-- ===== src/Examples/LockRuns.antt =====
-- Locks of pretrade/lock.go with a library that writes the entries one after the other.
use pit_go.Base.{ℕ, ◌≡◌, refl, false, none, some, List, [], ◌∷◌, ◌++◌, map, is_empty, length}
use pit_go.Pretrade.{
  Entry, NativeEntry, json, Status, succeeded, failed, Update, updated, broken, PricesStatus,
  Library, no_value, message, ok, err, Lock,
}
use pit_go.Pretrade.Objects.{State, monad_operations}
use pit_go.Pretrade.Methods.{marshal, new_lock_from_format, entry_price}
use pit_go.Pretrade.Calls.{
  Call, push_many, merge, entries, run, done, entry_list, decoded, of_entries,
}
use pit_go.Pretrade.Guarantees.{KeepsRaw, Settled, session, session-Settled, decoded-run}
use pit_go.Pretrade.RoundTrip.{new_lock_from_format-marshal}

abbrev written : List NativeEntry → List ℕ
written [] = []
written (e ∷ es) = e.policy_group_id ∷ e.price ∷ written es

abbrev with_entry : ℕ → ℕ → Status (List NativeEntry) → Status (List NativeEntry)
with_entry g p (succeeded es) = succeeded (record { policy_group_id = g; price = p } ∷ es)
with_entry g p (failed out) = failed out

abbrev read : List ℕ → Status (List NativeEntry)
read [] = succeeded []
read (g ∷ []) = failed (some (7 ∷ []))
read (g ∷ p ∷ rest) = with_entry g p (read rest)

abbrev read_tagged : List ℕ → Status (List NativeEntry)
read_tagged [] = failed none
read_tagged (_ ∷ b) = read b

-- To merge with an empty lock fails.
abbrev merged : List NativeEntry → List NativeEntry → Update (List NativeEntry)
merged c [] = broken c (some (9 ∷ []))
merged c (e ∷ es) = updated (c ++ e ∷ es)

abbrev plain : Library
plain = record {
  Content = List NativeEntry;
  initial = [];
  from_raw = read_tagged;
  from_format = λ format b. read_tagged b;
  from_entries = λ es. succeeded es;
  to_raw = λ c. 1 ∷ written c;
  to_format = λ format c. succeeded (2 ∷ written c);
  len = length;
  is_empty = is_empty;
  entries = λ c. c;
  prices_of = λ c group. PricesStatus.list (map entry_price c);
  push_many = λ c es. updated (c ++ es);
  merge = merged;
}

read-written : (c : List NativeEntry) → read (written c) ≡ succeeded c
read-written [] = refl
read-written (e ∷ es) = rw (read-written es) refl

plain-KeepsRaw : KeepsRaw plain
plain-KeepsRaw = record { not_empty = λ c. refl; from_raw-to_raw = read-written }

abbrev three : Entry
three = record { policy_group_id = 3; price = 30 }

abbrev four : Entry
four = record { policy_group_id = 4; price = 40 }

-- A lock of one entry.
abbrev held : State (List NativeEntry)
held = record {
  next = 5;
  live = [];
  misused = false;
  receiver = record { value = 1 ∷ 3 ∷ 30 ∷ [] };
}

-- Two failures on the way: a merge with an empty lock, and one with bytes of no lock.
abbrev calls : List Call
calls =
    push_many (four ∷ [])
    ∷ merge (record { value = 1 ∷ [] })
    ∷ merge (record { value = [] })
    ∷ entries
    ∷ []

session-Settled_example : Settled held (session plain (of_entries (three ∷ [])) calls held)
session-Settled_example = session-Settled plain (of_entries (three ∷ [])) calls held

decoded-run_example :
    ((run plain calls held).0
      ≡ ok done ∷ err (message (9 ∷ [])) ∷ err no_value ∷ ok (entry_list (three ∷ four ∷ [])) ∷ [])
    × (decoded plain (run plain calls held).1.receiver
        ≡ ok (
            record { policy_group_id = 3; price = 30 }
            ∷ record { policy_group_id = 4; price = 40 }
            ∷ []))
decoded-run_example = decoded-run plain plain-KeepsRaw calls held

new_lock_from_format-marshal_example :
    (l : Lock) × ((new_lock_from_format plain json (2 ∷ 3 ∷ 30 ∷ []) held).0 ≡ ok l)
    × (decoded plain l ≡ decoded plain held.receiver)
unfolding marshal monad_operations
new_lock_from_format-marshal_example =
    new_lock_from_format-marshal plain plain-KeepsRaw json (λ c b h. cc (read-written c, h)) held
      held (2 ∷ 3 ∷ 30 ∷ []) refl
+++
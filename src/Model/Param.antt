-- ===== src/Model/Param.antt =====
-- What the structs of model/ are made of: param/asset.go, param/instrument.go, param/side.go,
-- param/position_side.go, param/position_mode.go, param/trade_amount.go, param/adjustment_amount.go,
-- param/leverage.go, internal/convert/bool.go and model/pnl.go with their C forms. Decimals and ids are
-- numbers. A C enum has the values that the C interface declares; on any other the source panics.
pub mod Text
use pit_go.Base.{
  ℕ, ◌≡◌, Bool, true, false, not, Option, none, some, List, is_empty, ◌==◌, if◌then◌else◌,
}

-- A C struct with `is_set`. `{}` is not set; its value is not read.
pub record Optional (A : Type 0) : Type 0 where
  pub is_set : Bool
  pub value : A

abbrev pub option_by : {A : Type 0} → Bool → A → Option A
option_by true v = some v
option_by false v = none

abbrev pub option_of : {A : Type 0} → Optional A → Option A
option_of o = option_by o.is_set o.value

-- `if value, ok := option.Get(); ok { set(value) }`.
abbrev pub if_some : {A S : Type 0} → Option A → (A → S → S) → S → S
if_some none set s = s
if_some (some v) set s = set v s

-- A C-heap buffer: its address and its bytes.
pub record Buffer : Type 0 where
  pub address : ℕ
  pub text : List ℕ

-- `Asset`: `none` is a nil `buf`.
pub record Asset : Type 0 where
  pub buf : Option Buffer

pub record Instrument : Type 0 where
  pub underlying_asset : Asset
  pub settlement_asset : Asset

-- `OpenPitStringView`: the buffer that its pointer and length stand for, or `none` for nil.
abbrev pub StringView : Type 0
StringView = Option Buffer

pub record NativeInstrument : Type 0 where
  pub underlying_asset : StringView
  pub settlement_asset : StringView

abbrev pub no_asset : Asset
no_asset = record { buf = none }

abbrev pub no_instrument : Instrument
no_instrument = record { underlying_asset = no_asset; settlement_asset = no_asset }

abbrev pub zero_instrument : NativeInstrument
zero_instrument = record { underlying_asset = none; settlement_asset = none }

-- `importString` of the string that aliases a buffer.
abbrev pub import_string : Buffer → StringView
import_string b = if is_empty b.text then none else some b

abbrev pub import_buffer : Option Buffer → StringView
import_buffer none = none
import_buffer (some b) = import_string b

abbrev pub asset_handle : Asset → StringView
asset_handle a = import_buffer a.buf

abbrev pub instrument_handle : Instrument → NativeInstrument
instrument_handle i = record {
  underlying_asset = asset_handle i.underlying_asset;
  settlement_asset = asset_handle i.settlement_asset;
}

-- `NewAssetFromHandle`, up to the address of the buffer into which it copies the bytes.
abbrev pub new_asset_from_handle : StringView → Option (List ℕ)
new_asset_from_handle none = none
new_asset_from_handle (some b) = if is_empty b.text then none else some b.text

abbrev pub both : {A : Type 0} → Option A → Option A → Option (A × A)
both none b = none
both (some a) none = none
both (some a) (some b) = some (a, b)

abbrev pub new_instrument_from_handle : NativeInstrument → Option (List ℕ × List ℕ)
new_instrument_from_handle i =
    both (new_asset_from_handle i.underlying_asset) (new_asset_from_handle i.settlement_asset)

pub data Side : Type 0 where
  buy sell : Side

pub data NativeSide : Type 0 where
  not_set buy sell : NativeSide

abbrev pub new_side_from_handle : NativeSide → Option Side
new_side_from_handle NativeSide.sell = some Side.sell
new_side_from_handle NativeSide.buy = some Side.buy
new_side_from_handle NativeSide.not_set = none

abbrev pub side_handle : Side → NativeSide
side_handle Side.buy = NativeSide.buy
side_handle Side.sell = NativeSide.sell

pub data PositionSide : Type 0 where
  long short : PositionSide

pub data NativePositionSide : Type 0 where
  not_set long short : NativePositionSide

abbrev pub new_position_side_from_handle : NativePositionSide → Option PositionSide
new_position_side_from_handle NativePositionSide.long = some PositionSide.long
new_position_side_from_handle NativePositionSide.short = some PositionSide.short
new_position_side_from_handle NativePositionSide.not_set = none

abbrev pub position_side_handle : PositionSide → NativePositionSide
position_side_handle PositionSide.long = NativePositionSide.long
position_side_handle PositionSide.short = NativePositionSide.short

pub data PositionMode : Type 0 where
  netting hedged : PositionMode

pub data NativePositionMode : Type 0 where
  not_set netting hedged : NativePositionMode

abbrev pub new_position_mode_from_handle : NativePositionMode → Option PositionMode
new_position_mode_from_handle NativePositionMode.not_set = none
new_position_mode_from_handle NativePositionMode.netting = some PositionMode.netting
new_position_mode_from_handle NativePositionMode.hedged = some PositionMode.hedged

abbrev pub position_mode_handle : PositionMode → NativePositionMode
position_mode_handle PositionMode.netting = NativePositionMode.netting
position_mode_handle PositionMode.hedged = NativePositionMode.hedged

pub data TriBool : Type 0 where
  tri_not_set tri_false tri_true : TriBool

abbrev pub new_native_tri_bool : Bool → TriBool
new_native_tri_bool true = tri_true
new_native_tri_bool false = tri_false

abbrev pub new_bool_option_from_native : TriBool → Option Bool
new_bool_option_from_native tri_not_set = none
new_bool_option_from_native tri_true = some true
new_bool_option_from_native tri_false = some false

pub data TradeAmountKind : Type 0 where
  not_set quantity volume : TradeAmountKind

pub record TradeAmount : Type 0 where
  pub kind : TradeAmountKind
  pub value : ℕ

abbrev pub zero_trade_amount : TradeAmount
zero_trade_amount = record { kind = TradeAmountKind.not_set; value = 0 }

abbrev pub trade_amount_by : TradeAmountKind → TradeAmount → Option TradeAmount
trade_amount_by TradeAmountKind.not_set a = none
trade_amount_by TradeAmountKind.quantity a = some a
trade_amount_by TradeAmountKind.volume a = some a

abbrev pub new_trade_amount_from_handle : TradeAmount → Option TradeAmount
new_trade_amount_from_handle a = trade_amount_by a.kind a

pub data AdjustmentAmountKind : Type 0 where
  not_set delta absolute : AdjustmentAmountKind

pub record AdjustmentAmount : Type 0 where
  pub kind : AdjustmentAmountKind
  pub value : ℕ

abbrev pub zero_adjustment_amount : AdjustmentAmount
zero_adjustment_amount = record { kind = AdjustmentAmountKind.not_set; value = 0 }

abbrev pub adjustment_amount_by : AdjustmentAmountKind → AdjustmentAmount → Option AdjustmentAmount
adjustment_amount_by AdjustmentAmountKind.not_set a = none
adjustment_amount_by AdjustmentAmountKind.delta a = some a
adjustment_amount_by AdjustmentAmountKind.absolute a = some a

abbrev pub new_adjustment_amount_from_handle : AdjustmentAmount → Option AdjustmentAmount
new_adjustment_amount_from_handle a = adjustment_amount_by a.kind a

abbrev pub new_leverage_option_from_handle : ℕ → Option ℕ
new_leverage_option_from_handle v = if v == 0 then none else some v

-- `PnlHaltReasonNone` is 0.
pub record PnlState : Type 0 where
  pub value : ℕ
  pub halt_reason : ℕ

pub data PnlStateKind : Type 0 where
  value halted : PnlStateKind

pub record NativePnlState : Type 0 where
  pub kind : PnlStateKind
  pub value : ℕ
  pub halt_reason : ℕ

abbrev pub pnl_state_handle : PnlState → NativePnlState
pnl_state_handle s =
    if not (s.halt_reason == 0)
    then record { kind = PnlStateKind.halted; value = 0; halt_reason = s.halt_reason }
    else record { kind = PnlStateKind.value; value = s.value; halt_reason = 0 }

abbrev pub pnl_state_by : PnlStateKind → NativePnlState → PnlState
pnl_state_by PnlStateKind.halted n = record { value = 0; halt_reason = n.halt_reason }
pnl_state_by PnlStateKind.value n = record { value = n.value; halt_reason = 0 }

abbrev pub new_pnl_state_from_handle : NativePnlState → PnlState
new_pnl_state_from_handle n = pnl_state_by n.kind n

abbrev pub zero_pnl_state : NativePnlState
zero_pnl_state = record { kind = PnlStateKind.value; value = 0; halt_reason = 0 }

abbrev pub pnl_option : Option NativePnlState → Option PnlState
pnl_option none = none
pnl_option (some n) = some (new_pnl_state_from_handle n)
+++
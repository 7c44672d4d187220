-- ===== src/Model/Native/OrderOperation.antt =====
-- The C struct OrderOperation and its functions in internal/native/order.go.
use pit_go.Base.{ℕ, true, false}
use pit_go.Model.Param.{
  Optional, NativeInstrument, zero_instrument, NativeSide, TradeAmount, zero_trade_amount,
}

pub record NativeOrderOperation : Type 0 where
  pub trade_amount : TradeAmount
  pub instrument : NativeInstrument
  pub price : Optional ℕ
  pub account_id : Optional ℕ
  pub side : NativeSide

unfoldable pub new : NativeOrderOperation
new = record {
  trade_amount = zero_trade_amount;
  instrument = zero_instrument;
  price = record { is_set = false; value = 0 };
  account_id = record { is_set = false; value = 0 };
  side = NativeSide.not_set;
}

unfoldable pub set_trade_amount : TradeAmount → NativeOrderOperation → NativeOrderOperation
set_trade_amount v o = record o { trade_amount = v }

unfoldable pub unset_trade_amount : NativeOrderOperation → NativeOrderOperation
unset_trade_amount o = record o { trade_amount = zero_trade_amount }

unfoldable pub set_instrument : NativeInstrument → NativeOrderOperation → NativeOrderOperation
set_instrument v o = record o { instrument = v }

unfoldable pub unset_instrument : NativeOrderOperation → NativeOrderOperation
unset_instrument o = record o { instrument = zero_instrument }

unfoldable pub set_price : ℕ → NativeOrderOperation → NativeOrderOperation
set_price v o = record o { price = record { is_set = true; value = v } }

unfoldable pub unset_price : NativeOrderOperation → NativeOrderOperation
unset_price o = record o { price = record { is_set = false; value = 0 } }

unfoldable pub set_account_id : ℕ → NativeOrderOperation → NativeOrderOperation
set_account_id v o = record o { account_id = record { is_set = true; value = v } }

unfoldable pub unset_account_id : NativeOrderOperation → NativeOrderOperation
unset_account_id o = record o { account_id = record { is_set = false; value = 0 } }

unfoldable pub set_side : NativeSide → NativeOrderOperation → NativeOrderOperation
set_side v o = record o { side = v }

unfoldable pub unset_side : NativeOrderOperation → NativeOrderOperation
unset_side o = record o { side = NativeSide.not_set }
+++
** Action item **
Out of the data above, transcribe exactly and only the lines starting with the line that has "pub data TriBool : Type 0 where" and going on through the line that has "pub record NativePnlState : Type 0 where", both included.

** Completed task **
pub data TriBool : Type 0 where
  tri_not_set tri_false tri_true : TriBool

abbrev pub new_native_tri_bool : Bool → TriBool
new_native_tri_bool true = tri_true
new_native_tri_bool false = tri_false

abbrev pub new_bool_option_from_native : TriBool → Option Bool
new_bool_option_from_native tri_not_set = none
new_bool_option_from_native tri_true = some true
new_bool_option_from_native tri_false = some false

pub data TradeAmountKind : Type 0 where
  not_set quantity volume : TradeAmountKind

pub record TradeAmount : Type 0 where
  pub kind : TradeAmountKind
  pub value : ℕ

abbrev pub zero_trade_amount : TradeAmount
zero_trade_amount = record { kind = TradeAmountKind.not_set; value = 0 }

abbrev pub trade_amount_by : TradeAmountKind → TradeAmount → Option TradeAmount
trade_amount_by TradeAmountKind.not_set a = none
trade_amount_by TradeAmountKind.quantity a = some a
trade_amount_by TradeAmountKind.volume a = some a

abbrev pub new_trade_amount_from_handle : TradeAmount → Option TradeAmount
new_trade_amount_from_handle a = trade_amount_by a.kind a

pub data AdjustmentAmountKind : Type 0 where
  not_set delta absolute : AdjustmentAmountKind

pub record AdjustmentAmount : Type 0 where
  pub kind : AdjustmentAmountKind
  pub value : ℕ

abbrev pub zero_adjustment_amount : AdjustmentAmount
zero_adjustment_amount = record { kind = AdjustmentAmountKind.not_set; value = 0 }

abbrev pub adjustment_amount_by : AdjustmentAmountKind → AdjustmentAmount → Option AdjustmentAmount
adjustment_amount_by AdjustmentAmountKind.not_set a = none
adjustment_amount_by AdjustmentAmountKind.delta a = some a
adjustment_amount_by AdjustmentAmountKind.absolute a = some a

abbrev pub new_adjustment_amount_from_handle : AdjustmentAmount → Option AdjustmentAmount
new_adjustment_amount_from_handle a = adjustment_amount_by a.kind a

abbrev pub new_leverage_option_from_handle : ℕ → Option ℕ
new_leverage_option_from_handle v = if v == 0 then none else some v

-- `PnlHaltReasonNone` is 0.
pub record PnlState : Type 0 where
  pub value : ℕ
  pub halt_reason : ℕ

pub data PnlStateKind : Type 0 where
  value halted : PnlStateKind

pub record NativePnlState : Type 0 where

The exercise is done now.